De betreffende tekst in de Raadsconclusies beoogt om fundamentele innovatie (safe by design) te bevorderen om alternatieven te vinden voor toepassingen met schadelijke stoffen, met name andere materialen of producten waar schadelijke stoffen niet nodig zijn. Dit heeft niet een direct verband met benodigde dierproeven. Bij het AO Leefomgeving van 7 maart jl. is dit onderwerp aan de orde geweest en ik heb uw Kamer toen toegezegd schriftelijk te zullen aangeven hoe het zit met dierproeven onder REACH, met name vanwege de vraag of dierproeven alleen plaatsvinden als een bedrijf dat een stof moet registreren heeft aangetoond dat het echt niet anders kan.

Mede ter voldoening aan die toezegging kan ik u melden dat de systematiek van REACH hier reeds in voorziet.

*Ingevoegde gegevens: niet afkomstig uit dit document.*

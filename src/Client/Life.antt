-- ===== src/Client/Life.antt =====
-- tcp_client.hpp: a client from its constructor to its destructor, with its loops, the stops and the
-- end of its connection in any order.
pub mod Stops
use asyncmsg.Base.{ℕ, Bool, true, false, Option, none, some, List, [], ◌∷◌, if◌then◌else◌}
use asyncmsg.Context.{Context, new_context, post, finish}
use asyncmsg.Packet.{Packet}
use asyncmsg.Client.{Client, tcp_client, on_disconnected, stop, stop_handler, heartbeat_round}

-- The client, its context, and whether `connect` waits for the resolver or the socket. `sent` is what
-- the heartbeat sent, the last first, and `generator` that of the process.
pub record Host : Type 0 where
  pub client : Client
  pub context : Context
  pub connecting : Bool
  pub sent : List (ℕ × Packet)
  pub generator : ℕ

-- The constructor with `start`, which spawns `connect` and `heartbeat`.
unfoldable pub start : List ℕ → ℕ → Host
start device_id generator = record {
  client = tcp_client device_id;
  context = new_context;
  connecting = false;
  sent = [];
  generator = generator;
}

-- `stop(force)`.
unfoldable pub stop_called : Host → Bool → Host
stop_called h force =
    let stopped = stop h.client in
    if stopped.1 then record h { client = stopped.0; context = post h.context force } else h

-- The first posted handler runs. Its cancels of the stop signal and of the channels show in how the
-- waits on them end.
unfoldable pub handler_runs : Host → List Bool → Host
handler_runs h [] = h
handler_runs h (force ∷ later) = record h {
  client = stop_handler h.client;
  context = finish h.context force later;
}

-- A round of `connect` up to its first wait, and from there on, with the connection made or an exception.
unfoldable pub connect_begins : Host → Host
connect_begins h =
    if h.client.stopped
    then h
    else elim h.client.conn [ none ↦ record h { connecting = true } | some conn ↦ h ]

unfoldable pub connect_ends : Host → Option ℕ → Host
connect_ends h none = record h { connecting = false }
connect_ends h (some conn) =
    if h.connecting
    then record h { connecting = false; client = record h.client { conn = some conn } }
    else h

unfoldable pub heartbeat : Host → Host
heartbeat h =
    let beat = heartbeat_round h.client h.generator in
    record h {
      generator = beat.1;
      sent = elim beat.0 [ none ↦ h.sent | some pack ↦ pack ∷ h.sent ];
    }

-- What can happen to a client; `disconnected_step` is the callback of its connection.
pub data Step : Type 0 where
  stop_step : Bool → Step
  handler_step connect_begins_step heartbeat_step disconnected_step : Step
  connect_ends_step : Option ℕ → Step

-- After `io_context.stop()` no handler runs any more, and no coroutine goes on.
unfoldable pub unless_forced : Host → Host → Host
unless_forced h next = if h.context.forced then h else next

unfoldable pub take_step : Host → Step → Host
take_step h (stop_step force) = stop_called h force
take_step h handler_step = unless_forced h (handler_runs h h.context.posted)
take_step h connect_begins_step = unless_forced h (connect_begins h)
take_step h (connect_ends_step made) = unless_forced h (connect_ends h made)
take_step h heartbeat_step = unless_forced h (heartbeat h)
take_step h disconnected_step = unless_forced h (record h { client = on_disconnected h.client })

abbrev pub take_steps : Host → List Step → Host
take_steps h [] = h
take_steps h (step ∷ steps) = take_steps (take_step h step) steps

-- The destructor: `stop(true)`, and the handlers; the thread can be joined at once if the context was
-- forced to stop.
unfoldable pub destroy : Host → Host
destroy h = let stopped = stop_called h true in handler_runs stopped stopped.context.posted
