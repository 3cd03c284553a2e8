-- ===== src/Client/Inbox.antt =====
-- tcp_client.hpp: a client over its whole life with the requests that it receives and the waits for
-- them, in any order.
pub mod Memory
pub mod Firsts
pub mod Delivery
mod Tests
use asyncmsg.Base.{ℕ, Option, none, some, List, [], ◌∷◌, ◌++◌}
use asyncmsg.Packet.{Packet}
use asyncmsg.Client.{Received, received, null_dereference, on_receive_request, wait_request}
use asyncmsg.Client.Life.{Host, Step, take_step}

-- The client, the replies that it has sent, and the channels and packets that it has passed on.
pub record Inbox : Type 0 where
  pub host : Host
  pub replies : List Packet
  pub passed : List (ℕ × Packet)

-- What can happen: a step of the life, `on_receive_request` with the device id of the connection, and a
-- call of `wait_request` with a new channel.
pub data Turn : Type 0 where
  life_turn : Step → Turn
  request_turn : List ℕ → Packet → Turn
  wait_turn : (cmd fresh : ℕ) → Turn

-- The end of `on_receive_request`; `none` is the call through the null pointer.
unfoldable pub receive_ends : Inbox → Packet → ℕ → Received → Option Inbox
receive_ends b reply generator (received c none) = some (record b {
  host = record b.host { client = c; generator = generator };
  replies = b.replies ++ reply ∷ [];
})
receive_ends b reply generator (received c (some sent)) = some (record b {
  host = record b.host { client = c; generator = generator };
  replies = b.replies ++ reply ∷ [];
  passed = b.passed ++ sent ∷ [];
})
receive_ends b reply generator null_dereference = none

unfoldable pub take_turn : Inbox → Turn → Option Inbox
take_turn b (life_turn step) = some (record b { host = take_step b.host step })
take_turn b (request_turn device_id p) =
    let (replied, ending) = on_receive_request b.host.client b.host.generator device_id p in
    receive_ends b replied.0 replied.1 ending
take_turn b (wait_turn cmd fresh) =
    some (record b { host = record b.host { client = (wait_request b.host.client cmd fresh).0 } })

unfoldable pub take_turns : Inbox → List Turn → Option Inbox
take_turns b [] = some b
take_turns b (turn ∷ turns) = elim (take_turn b turn) [
  | none ↦ none
  | some b' ↦ take_turns b' turns
]
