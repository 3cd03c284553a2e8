-- ===== src/Lru/Table.antt =====
-- The laws of the map.
use asyncmsg.Base.{ℕ, ◌+◌, ◌≡◌, refl, arith, none, some, List, [], ◌∷◌, length, ◌==◌, if◌then◌else◌}
use asyncmsg.Lru.{find, assign, erase}

-- No key stands twice.
abbrev pub KeysDistinct : List (ℕ × ℕ) → Type 0
KeysDistinct [] = Unit
KeysDistinct ((k, node) ∷ m) = (find m k ≡ none) × KeysDistinct m

pub find-assign :
    (m : List (ℕ × ℕ)) (v node w : ℕ)
    → find (assign m v node) w ≡ (if v == w then some node else find m w)
unfolding find assign
find-assign [] v node w = refl
find-assign ((k, old) ∷ m) v node w = ground (arith, find-assign m v node w)

pub find-erase :
    (m : List (ℕ × ℕ)) (v w : ℕ)
    → KeysDistinct m
    → find (erase m v) w ≡ (if v == w then none else find m w)
unfolding find erase
find-erase [] v w h = ground arith
find-erase ((k, node) ∷ m) v w h = ground (arith, find-erase m v w h.1)

pub assign-KeysDistinct :
    (m : List (ℕ × ℕ)) (v node : ℕ) → KeysDistinct m → KeysDistinct (assign m v node)
unfolding find assign
assign-KeysDistinct [] v node h = (refl, tt)
assign-KeysDistinct ((k, old) ∷ m) v node h =
    ground (arith, assign-KeysDistinct m v node h.1, find-assign m v node k)

pub erase-KeysDistinct : (m : List (ℕ × ℕ)) (v : ℕ) → KeysDistinct m → KeysDistinct (erase m v)
unfolding find erase
erase-KeysDistinct [] v h = tt
erase-KeysDistinct ((k, node) ∷ m) v h =
    ground (arith, erase-KeysDistinct m v h.1, find-erase m v k h.1)

pub length-assign_new :
    (m : List (ℕ × ℕ)) (v node : ℕ) → find m v ≡ none → length (assign m v node) ≡ length m + 1
unfolding find assign
length-assign_new [] v node h = omega arith
length-assign_new ((k, old) ∷ m) v node h = ground (arith, length-assign_new m v node)

pub length-assign_old :
    (m : List (ℕ × ℕ)) (v node old : ℕ) → find m v ≡ some old → length (assign m v node) ≡ length m
unfolding find assign
length-assign_old [] v node old h = ground arith
length-assign_old ((k, other) ∷ m) v node old h = ground (arith, length-assign_old m v node old)

pub length-erase :
    (m : List (ℕ × ℕ)) (v node : ℕ) → find m v ≡ some node → length (erase m v) + 1 ≡ length m
unfolding find erase
length-erase [] v node h = ground arith
length-erase ((k, other) ∷ m) v node h = ground (arith, length-erase m v node)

Een belangrijke doelstelling in REACH is het zo veel mogelijk voorkomen van dierproeven. Voor een aantal meer complexe effecten, zoals schade op het nageslacht of hormoonverstoring, bestaan echter nog geen of onvoldoende goede alternatieven. Bedrijven zijn verplicht om samen te werken bij het uitvoeren van een dierproef zodat eenzelfde test niet nodeloos meerdere keren wordt uitgevoerd. Bedrijven moeten hiertoe vooraf testvoorstellen aanleveren bij ECHA. ECHA laat door een lidstatencomité met experts op dit gebied beoordelen of de dierproef noodzakelijk is om voldoende zicht te krijgen op de risicos van een stof.

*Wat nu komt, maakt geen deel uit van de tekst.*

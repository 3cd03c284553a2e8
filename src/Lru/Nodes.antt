-- ===== src/Lru/Nodes.antt =====
-- The laws of the list of nodes.
use asyncmsg.Base.{
  ◌+◌, suc, length, take, ap, Bool-cases, ==_iff, subst, inl, inr, ℕ, ◌<◌, ◌≡◌, ◌≢◌, refl, arith,
  Option, none, some, List, [], ◌∷◌, ◌==◌, if◌then◌else◌, All, map,
}
use asyncmsg.Lru.{back, pop_back, erase_node, value_of}

-- The node that holds a value.
unfoldable pub node_of : List (ℕ × ℕ) → ℕ → Option ℕ
node_of [] v = none
node_of ((i, w) ∷ l) v = if w == v then some i else node_of l v

-- The values without one of them.
unfoldable pub remove : ℕ → List ℕ → List ℕ
remove v [] = []
remove v (w ∷ vs) = if w == v then vs else w ∷ remove v vs

abbrev pub values : List (ℕ × ℕ) → List ℕ
values l = map (λ x. x.1) l

-- No node and no value stands twice.
abbrev pub NodesDistinct : List (ℕ × ℕ) → Type 0
NodesDistinct [] = Unit
NodesDistinct ((i, v) ∷ l) = (All (λ x. x.0 ≢ i) l) × (node_of l v ≡ none) × NodesDistinct l

abbrev pub Below : ℕ → List (ℕ × ℕ) → Type 0
Below n l = All (λ x. x.0 < n) l

node_of-ne : (l : List (ℕ × ℕ)) (j v i : ℕ) → All (λ x. x.0 ≢ j) l → node_of l v ≡ some i → i ≢ j
unfolding node_of
node_of-ne [] j v i h e = ground arith
node_of-ne ((k, w) ∷ l) j v i h e = ground (arith, node_of-ne l j v i h.1, h.0)

-- The node that the map has for a value leads to that value.
pub value_of-node_of :
    (l : List (ℕ × ℕ)) (v i : ℕ) → NodesDistinct l → node_of l v ≡ some i → value_of i l ≡ some v
unfolding node_of value_of
value_of-node_of [] v i h e = ground arith
value_of-node_of ((j, w) ∷ l) v i h e =
    ground (arith, value_of-node_of l v i h.2, node_of-ne l j v i h.0)

pub values-erase_node :
    (l : List (ℕ × ℕ)) (v i : ℕ)
    → NodesDistinct l
    → node_of l v ≡ some i
    → values (erase_node i l) ≡ remove v (values l)
unfolding node_of erase_node remove
values-erase_node [] v i h e = refl
values-erase_node ((j, w) ∷ l) v i h e =
    ground (arith, values-erase_node l v i h.2, node_of-ne l j v i h.0)

pub node_of-erase_node :
    (l : List (ℕ × ℕ)) (v i w : ℕ)
    → NodesDistinct l
    → node_of l v ≡ some i
    → node_of (erase_node i l) w ≡ (if v == w then none else node_of l w)
unfolding node_of erase_node
node_of-erase_node [] v i w h e = ground arith
node_of-erase_node ((j, u) ∷ l) v i w h e =
    ground (arith, node_of-erase_node l v i w h.2, node_of-ne l j v i h.0, h.1)

pub All-erase_node :
    (P : ℕ × ℕ → Type 0) (i : ℕ) (l : List (ℕ × ℕ)) → All P l → All P (erase_node i l)
unfolding erase_node
All-erase_node P i [] h = tt
All-erase_node P i ((j, v) ∷ l) h = ground (arith, All-erase_node P i l h.1, h.0, h.1)

pub erase_node-NodesDistinct :
    (l : List (ℕ × ℕ)) (v i : ℕ)
    → NodesDistinct l
    → node_of l v ≡ some i
    → NodesDistinct (erase_node i l)
unfolding node_of erase_node
erase_node-NodesDistinct [] v i h e = tt
erase_node-NodesDistinct ((j, w) ∷ l) v i h e =
    let hit = node_of-ne l j v i h.0 in
    ground (
      arith,
      hit,
      erase_node-NodesDistinct l v i h.2,
      node_of-erase_node l v i w h.2,
      All-erase_node (λ x. x.0 ≢ j) i l h.0,
      h.0,
      h.1,
      h.2,
    )

pub length-erase_node :
    (l : List (ℕ × ℕ)) (v i : ℕ)
    → NodesDistinct l
    → node_of l v ≡ some i
    → length (erase_node i l) + 1 ≡ length l
unfolding node_of erase_node
length-erase_node [] v i h e = ground arith
length-erase_node ((j, w) ∷ l) v i h e =
    ground (arith, length-erase_node l v i h.2, node_of-ne l j v i h.0)

-- The list without its last node, and that node's value.
pub values-pop_back :
    (x : ℕ × ℕ) (l : List (ℕ × ℕ)) → values (pop_back x l) ≡ take (length l) (values (x ∷ l))
unfolding pop_back
values-pop_back x [] = refl
values-pop_back x (y ∷ l) = ap (◌∷◌ x.1) (values-pop_back y l)

pub length-pop_back : (x : ℕ × ℕ) (l : List (ℕ × ℕ)) → length (pop_back x l) ≡ length l
unfolding pop_back
length-pop_back x [] = refl
length-pop_back x (y ∷ l) = ap suc (length-pop_back y l)

pub All-pop_back :
    (P : ℕ × ℕ → Type 0) (x : ℕ × ℕ) (l : List (ℕ × ℕ)) → All P (x ∷ l) → All P (pop_back x l)
unfolding pop_back
All-pop_back P x [] h = tt
All-pop_back P x (y ∷ l) h = (h.0, All-pop_back P y l h.1)

pub node_of-back : (x : ℕ × ℕ) (l : List (ℕ × ℕ)) → (i : ℕ) × (node_of (x ∷ l) (back x l) ≡ some i)
unfolding node_of back
node_of-back x [] = (x.0, ground arith)
node_of-back x (y ∷ l) = elim (Bool-cases (x.1 == back y l)) [
  | inl e ↦ (x.0, rw e refl)
  | inr e ↦ let (i, found) = node_of-back y l in (i, rw e found)
]

pub node_of-pop_back :
    (x : ℕ × ℕ) (l : List (ℕ × ℕ)) (w : ℕ)
    → NodesDistinct (x ∷ l)
    → node_of (pop_back x l) w ≡ (if back x l == w then none else node_of (x ∷ l) w)
unfolding node_of back pop_back
node_of-pop_back x [] w h = ground arith
node_of-pop_back x (y ∷ l) w h =
    let (i, found) = node_of-back y l in ground (arith, found, node_of-pop_back y l w h.2, h.1)

pub pop_back-NodesDistinct :
    (x : ℕ × ℕ) (l : List (ℕ × ℕ)) → NodesDistinct (x ∷ l) → NodesDistinct (pop_back x l)
unfolding node_of pop_back
pop_back-NodesDistinct x [] h = tt
pop_back-NodesDistinct x (y ∷ l) h = (
  All-pop_back (λ z. z.0 ≢ x.0) y l h.0,
  ground (arith, node_of-pop_back y l x.1 h.2, h.1),
  pop_back-NodesDistinct y l h.2,
)

-- The node that `splice` moves is in the rest of the list no more, and is one of the list's.
pub erase_node-absent :
    (l : List (ℕ × ℕ)) (i : ℕ) → NodesDistinct l → All (λ x. x.0 ≢ i) (erase_node i l)
unfolding erase_node
erase_node-absent [] i h = tt
erase_node-absent ((j, v) ∷ l) i h = elim (Bool-cases (j == i)) [
  | inl e ↦ rw e (subst (λ k. All (λ x. x.0 ≢ k) l) ((==_iff j i).0 e) h.0)
  | inr e ↦ rw e (ground arith, erase_node-absent l i h.2)
]

pub node_of-Below : (n : ℕ) (l : List (ℕ × ℕ)) (v i : ℕ) → Below n l → node_of l v ≡ some i → i < n
unfolding node_of
node_of-Below n [] v i b e = ground arith
node_of-Below n ((j, w) ∷ l) v i b e = ground (arith, node_of-Below n l v i b.1, b.0)

pub Below-suc : (n : ℕ) (l : List (ℕ × ℕ)) → Below n l → Below (suc n) l
Below-suc n [] b = tt
Below-suc n (x ∷ l) b = (omega arith, Below-suc n l b.1)

pub Below-fresh : (n : ℕ) (l : List (ℕ × ℕ)) → Below n l → All (λ x. x.0 ≢ n) l
Below-fresh n [] b = tt
Below-fresh n (x ∷ l) b = (omega arith, Below-fresh n l b.1)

Daarnaast werkt ECHA aan een zgn. groepsaanpak van stoffen, die het mogelijk maakt om te volstaan met gerichte testen van enkele representatieve stoffen uit een groep. Het blijkt dat onder REACH op grote schaal gebruik wordt gemaakt van bestaande informatie in plaats van nieuwe dierproeven. Verder wordt op diverse fronten gewerkt aan het ontwikkelen van alternatieven voor dierproeven. Deze testen worden veelal ontwikkeld en gevalideerd binnen de OESO. Het voordeel hiervan is dat de testen in vrijwel de hele wereld worden geaccepteerd, zodat de impact groot is. De uitkomsten van nog noodzakelijke dierproeven worden eveneens breed geaccepteerd, zodat vergelijkbare testen niet nodeloos hoeven te worden herhaald. Ondanks het hierboven beschreven beleid zal een deel van de benodigde informatie alleen verkregen kunnen worden door het doen van dierproeven. Via het lidstatencomité zal ik dit nauwgezet volgen.

Tevens hebben de leden van de GroenLinks-fractie vragen over de Nederlandse aanpak met betrekking tot het hergebruik van ZZS (Zeer Zorgwekkende Stoffen) en in hoeverre een gedetailleerde case by case beoordeling voor veel extra werklast kan zorgen. Hoe ziet de Staatssecretaris van IenW dit voor zich en hoe gaat zij pleiten voor deze individuele benadering en tegelijkertijd voor versnelling van de verwerking van REACH dossiers? Waarom is Nederland minder streng op secundaire materialen?

In mijn brief van 19 november 2018 ben ik hier uitgebreid op ingegaan6. Het case-by-case beoordelen van de toelaatbaarheid van recycling van materialen met ZZS bij reeds voorgenomen restricties leidt niet tot een hogere werklast bij ECHA. In de Europese besluitvorming over maximale gehalten van ZZS in materialen kan uit de risicobeoordeling, die toch al gemaakt moet worden, zonder noemenswaardig meerwerk een grenswaarde worden afgeleid die ruimte laat voor gerecycled materiaal waar de ZZS niet uit verwijderd kan worden. Additionele restricties zullen uiteraard tot meer werk leiden bij de indiener van het dossier, dat kan zowel een lidstaat als ECHA zijn.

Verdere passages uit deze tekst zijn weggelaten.